On le sait, on le devine, la science est partout et en toute chose. Les appareils domestiques, les produits pharmaceutiques, la démystification des phénomènes naturels, les principaux outils de notre mobilité ont été rendus possibles grâce aux connaissances accumulées, par l’observation, l’hypothèse, l’expérience, l’analyse et enfin la théorie. Trois grandes branches – la biologie, la physique, la chimie –, auxquelles on peut mêler le génie ingénieurial et les technologies, reposent sur une même méthode scientifique, laquelle a produit ses effets dans nos maisons – de l’isolation aux énergies renouvelables –, dans nos entreprises – des robots aux intelligences artificielles – et dans nos Institutions – l’ADN pour la police, la peau artificielle ou l’IRM pour les hôpitaux, les fusées pour les Agences spatiales…

Incroyables sciences est un outil d’éducation doublement intéressant. De par son format et son iconographie particulièrement riche, il attire l’œil, capte l’attention et organise au mieux l’information. Ses textes, vulgarisés, rendent limpides des concepts parfois abstraits, et souvent complexes. Des jeux en ligne aux antibiotiques en passant par les biocarburants ou la glace sèche, cet ouvrage collectif a le mérite de scruter la science dans toute sa transversalité. Il présente dans un premier temps l’arborescence des sciences et leurs applications concrètes. Il en reprend ensuite, souvent sur une double page, les thèmes incontournables, sans faire l’économie de faits édifiants. Parmi eux, citons : le robot cueilleur autonome récoltant jusqu’à 360 kilos de fraises par jour, les câbles optiques sous-marins capables de véhiculer 30 millions d’appels téléphoniques simultanément, le TGV à sustentation magnétique qui flotte au-dessus des rails ou la tour Bosco verticale, écoconstruction dotée de 100 arbres, 5000 arbustes et 150000 autres plantes jouant le rôle de régulateurs énergétiques.

La science dans tous ses états

Et si, demain, les OGM permettaient d’améliorer les rendements agricoles et d’adapter les propriétés nutritives des aliments de telle sorte que la faim dans le monde ne serait plus qu’un vieux souvenir ? Et si des trains tels que le Transrapid de Shanghai, qui peut monter jusqu’à 430 km/h, devenaient la norme et réduisaient considérablement nos temps de déplacement ? Et si le rover Perseverance récoltait des échantillons révolutionnant nos connaissances sur Mars ? Si le solutionnisme technologique est parfois présenté comme un argument en faveur du statu quo et de la fixation de comportements écocides, il serait fâcheux de tomber dans le piège inverse et d’omettre de porter à son crédit des progrès considérables dans des domaines aussi variés que les énergies (le nucléaire) ou la médecine (pacemaker, exosquelette, implant cochléaire, prothèse…).

Incroyables sciences se montre particulièrement prolixe en la matière.

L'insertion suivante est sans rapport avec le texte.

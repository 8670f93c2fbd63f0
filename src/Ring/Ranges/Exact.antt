-- ===== src/Ring/Ranges/Exact.antt =====
-- `validate_shard_ring` of src/ring.rs refuses no map that gives every hash one owner.
use dewdb.Prelude.{
  ℕ, ◌≤◌, ◌<◌, ◌^◌, ◌≡◌, ◌≢◌, ◌↔◌, refl, sym, true, List, [], ◌∷◌, ◌++◌, Bytes, arith, leb, ltb,
  ◌==◌, if◌then◌else◌, length, count, Bool-cases, inl, inr,
}
use dewdb.Ring.Ranges.{
  ShardInfo, shard_owns, ring_size, ring_segments, Segment, owned_segments, segments,
  insert_segment, sort_segments, RingError, Checked, valid, invalid, cover, whole_ring, check_cover,
  validate_shard_ring,
}
use dewdb.Ring.Ranges.Owner.{covers, sorted_owners, accepted_has_one_owner}

-- Ranges that start at `b` or above, in the order of their starts, none past the top.
abbrev IsOrderedFrom : ℕ → List Segment → Type 0
IsOrderedFrom b [] = Unit
IsOrderedFrom b (s ∷ xs) = (b ≤ s.lo) × (s.lo < s.hi) × (s.hi ≤ ring_size) × IsOrderedFrom s.lo xs

abbrev IsOnRing : List Segment → Type 0
IsOnRing [] = Unit
IsOnRing (s ∷ xs) = (s.lo < s.hi) × (s.hi ≤ ring_size) × IsOnRing xs

ordered-insert :
    (b : ℕ) (s : Segment) (xs : List Segment)
    → b ≤ s.lo
    → s.lo < s.hi
    → s.hi ≤ ring_size
    → IsOrderedFrom b xs
    → IsOrderedFrom b (insert_segment s xs)
unfolding insert_segment
ordered-insert b s [] h k l o = (h, k, l, tt)
ordered-insert b s (x ∷ xs) h k l o = ground (arith, ordered-insert x.lo s xs)

ordered-sort : (xs : List Segment) → IsOnRing xs → IsOrderedFrom 0 (sort_segments xs)
unfolding sort_segments
ordered-sort [] r = tt
ordered-sort (s ∷ xs) r =
    ordered-insert 0 s (sort_segments xs) (omega arith) r.0 r.1 (ordered-sort xs r.2)

-- The hashes of a shard are machine words.
abbrev pub AreWords : List ShardInfo → Type 0
AreWords [] = Unit
AreWords (s ∷ shards) = (s.start_hash < 2 ^ 64) × (s.end_hash < 2 ^ 64) × AreWords shards

IsOnRing-append : (xs ys : List Segment) → IsOnRing xs → IsOnRing ys → IsOnRing (xs ++ ys)
IsOnRing-append [] ys a b = b
IsOnRing-append (x ∷ xs) ys a b = (a.0, a.1, IsOnRing-append xs ys a.2 b)

IsOnRing-owned :
    (s : ShardInfo)
    → s.start_hash < 2 ^ 64
    → s.end_hash < 2 ^ 64
    → IsOnRing (owned_segments s.node_url (ring_segments s))
unfolding owned_segments ring_segments
IsOnRing-owned s a b = ground arith

IsOnRing-segments : (shards : List ShardInfo) → AreWords shards → IsOnRing (segments shards)
unfolding segments
IsOnRing-segments [] w = tt
IsOnRing-segments (s ∷ shards) w =
    IsOnRing-append (owned_segments s.node_url (ring_segments s)) (segments shards)
      (IsOnRing-owned s w.0 w.1) (IsOnRing-segments shards w.2)

below_start : (b h : ℕ) (xs : List Segment) → h < b → IsOrderedFrom b xs → count (covers h) xs ≡ 0
below_start b h [] lt o = refl
below_start b h (s ∷ xs) lt o = ground (arith, below_start s.lo h xs)

-- A hash below `n` that is covered too often or not at all, for a walk from `cursor`.
abbrev Miscovered : ℕ → ℕ → List Segment → Type 0
Miscovered n cursor xs = (h : ℕ) × (h < n) × (count (covers h) xs ≢ (if leb cursor h then 1 else 0))

overlap_is_Miscovered :
    (n cursor : ℕ) (s : Segment) (xs : List Segment)
    → s.lo < cursor
    → s.lo < s.hi
    → s.hi ≤ n
    → Miscovered n cursor (s ∷ xs)
overlap_is_Miscovered n cursor s xs lt k le = (s.lo, omega arith, ground arith)

gap_is_Miscovered :
    (n cursor : ℕ) (xs : List Segment)
    → cursor < n
    → count (covers cursor) xs ≡ 0
    → Miscovered n cursor xs
gap_is_Miscovered n cursor xs lt e = (cursor, lt, ground arith)

rest_is_Miscovered :
    (n : ℕ) (s : Segment) (xs : List Segment)
    → s.lo < s.hi
    → Miscovered n s.hi xs
    → Miscovered n s.lo (s ∷ xs)
rest_is_Miscovered n s xs k (h, lt, ne) = (h, lt, ground arith)

refused_is_Miscovered :
    (b cursor : ℕ) (prev : Bytes) (xs : List Segment) (e : RingError)
    → cursor ≤ ring_size
    → IsOrderedFrom b xs
    → cover cursor prev xs ≡ invalid e
    → Miscovered ring_size cursor xs
unfolding cover
refused_is_Miscovered b cursor prev [] e le o r =
    gap_is_Miscovered ring_size cursor [] (ground arith) refl
refused_is_Miscovered b cursor prev (s ∷ xs) e le o r = elim (Bool-cases (ltb s.lo cursor)) [
  | inl p ↦ overlap_is_Miscovered ring_size cursor s xs (ground arith) o.1 o.2
  | inr p ↦ elim (Bool-cases (ltb cursor s.lo)) [
    | inl q ↦
        let lt : cursor < s.lo = ground arith in
        gap_is_Miscovered ring_size cursor (s ∷ xs) (omega arith)
          (below_start s.lo cursor (s ∷ xs) lt (omega arith, o.1, o.2, o.3))
    | inr q ↦
        let here : s.lo ≡ cursor = ground arith in
        let rest = refused_is_Miscovered s.lo s.hi s.owner xs e o.2 o.3 (rw (p, q) at r) in
        rw (sym here) (rest_is_Miscovered ring_size s xs o.1 rest)
  ]
]

-- A map that gives every hash one owner.
abbrev pub HasOneOwner : List ShardInfo → Type 0
HasOneOwner shards = (h : ℕ) → h < ring_size → count (λ s. shard_owns s h) shards ≡ 1

owns_start : (s : ShardInfo) → shard_owns s s.start_hash ≡ true
unfolding shard_owns
owns_start s = ground arith

whole_owns : (s : ShardInfo) (h : ℕ) → s.start_hash ≡ s.end_hash → shard_owns s h ≡ true
unfolding shard_owns
whole_owns s h e = ground arith

whole_ring_owns :
    (shards others : List ShardInfo) (full : ShardInfo) (h : ℕ)
    → whole_ring shards ≡ full ∷ others
    → 1 ≤ count (λ s. shard_owns s h) shards
unfolding whole_ring
whole_ring_owns [] others full h e = absurd (ground arith)
whole_ring_owns (s ∷ shards) others full h e =
    ground (arith, whole_owns s h, whole_ring_owns shards others full h)

two_owners :
    (shards others : List ShardInfo) (full : ShardInfo)
    → AreWords shards
    → whole_ring shards ≡ full ∷ others
    → 1 < length shards
    → (h : ℕ) × (h < ring_size) × (1 < count (λ s. shard_owns s h) shards)
unfolding whole_ring
two_owners [] others full w e lt = absurd (ground arith)
two_owners (s ∷ []) others full w e lt = absurd (ground arith)
two_owners (s ∷ r ∷ shards) others full w e lt = elim (Bool-cases (s.start_hash == s.end_hash)) [
  | inl p ↦
      let a = whole_owns s r.start_hash (ground arith) in
      let b = owns_start r in (r.start_hash, ground arith, ground arith)
  | inr p ↦
      let a = owns_start s in
      let b = whole_ring_owns (r ∷ shards) others full s.start_hash (rw p at e) in
      (s.start_hash, ground arith, ground arith)
]

not-Miscovered :
    (shards : List ShardInfo)
    → HasOneOwner shards
    → Miscovered ring_size 0 (sort_segments (segments shards))
    → ⊥
not-Miscovered shards one (h, lt, ne) =
    let same = sorted_owners shards h lt in let once = one h lt in ne (ground arith)

exact_is_accepted :
    (shards : List ShardInfo)
    → AreWords shards
    → HasOneOwner shards
    → validate_shard_ring shards ≡ valid
unfolding validate_shard_ring check_cover
exact_is_accepted [] w one = absurd (let e = one 0 (omega arith) in ground arith)
exact_is_accepted (s ∷ shards) w one = go (whole_ring (s ∷ shards)) refl
  where
    sorted : List Segment
    sorted = sort_segments (segments (s ∷ shards))

    walk : (r : Checked) → cover 0 [] sorted ≡ r → cover 0 [] sorted ≡ valid
    walk valid e = e
    walk (invalid x) e = absurd (
        not-Miscovered (s ∷ shards) one (
          refused_is_Miscovered 0 0 [] sorted x (omega arith)
            (ordered-sort (segments (s ∷ shards)) (IsOnRing-segments (s ∷ shards) w)) e))

    go :
        (full : List ShardInfo)
        → whole_ring (s ∷ shards) ≡ full
        → check_cover (whole_ring (s ∷ shards)) (s ∷ shards) ≡ valid
    go [] e = rw e (walk (cover 0 [] sorted) refl)
    go (f ∷ fs) e = elim (Bool-cases (ltb 1 (length (s ∷ shards)))) [
      | inl p ↦
          let (h, lt, two) = two_owners (s ∷ shards) fs f w e (ground arith) in
          let once = one h lt in absurd (omega arith)
      | inr p ↦ rw (e, p) (walk (cover 0 [] sorted) refl)
    ]

-- The check of a shard map is exact. For shards whose hashes are 64-bit words, a map is accepted
-- exactly if every hash has one owner: the empty map, a gap, an overlap, a wrapped range that
-- meets another, and a whole-ring claim beside other shards are all refused, and nothing else is.
pub validate_shard_ring_lem :
    (shards : List ShardInfo)
    → AreWords shards
    → (validate_shard_ring shards ≡ valid)
      ↔ ((h : ℕ) → h < 2 ^ 64 → count (λ s. shard_owns s h) shards ≡ 1)
validate_shard_ring_lem shards w =
    (λ v h lt. accepted_has_one_owner shards h v lt, exact_is_accepted shards w)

Aérodynamisme, extraction du sel par évaporation d’eau, polymères, matériaux rétro-réfléchissants, valorisation des déchets, dioxyde de carbone, biométrie, crash test : la science ne cesse d’évoluer et de modifier nos modes de vie, parfois de manière incrémentale, tantôt avec une évidence stupéfiante. Non seulement cette encyclopédie permet d’en prendre la mesure, mais elle offre aussi, grâce à des textes succincts, les principaux éléments d’information dont ont besoin les plus jeunes lecteurs pour s’initier à ces matières.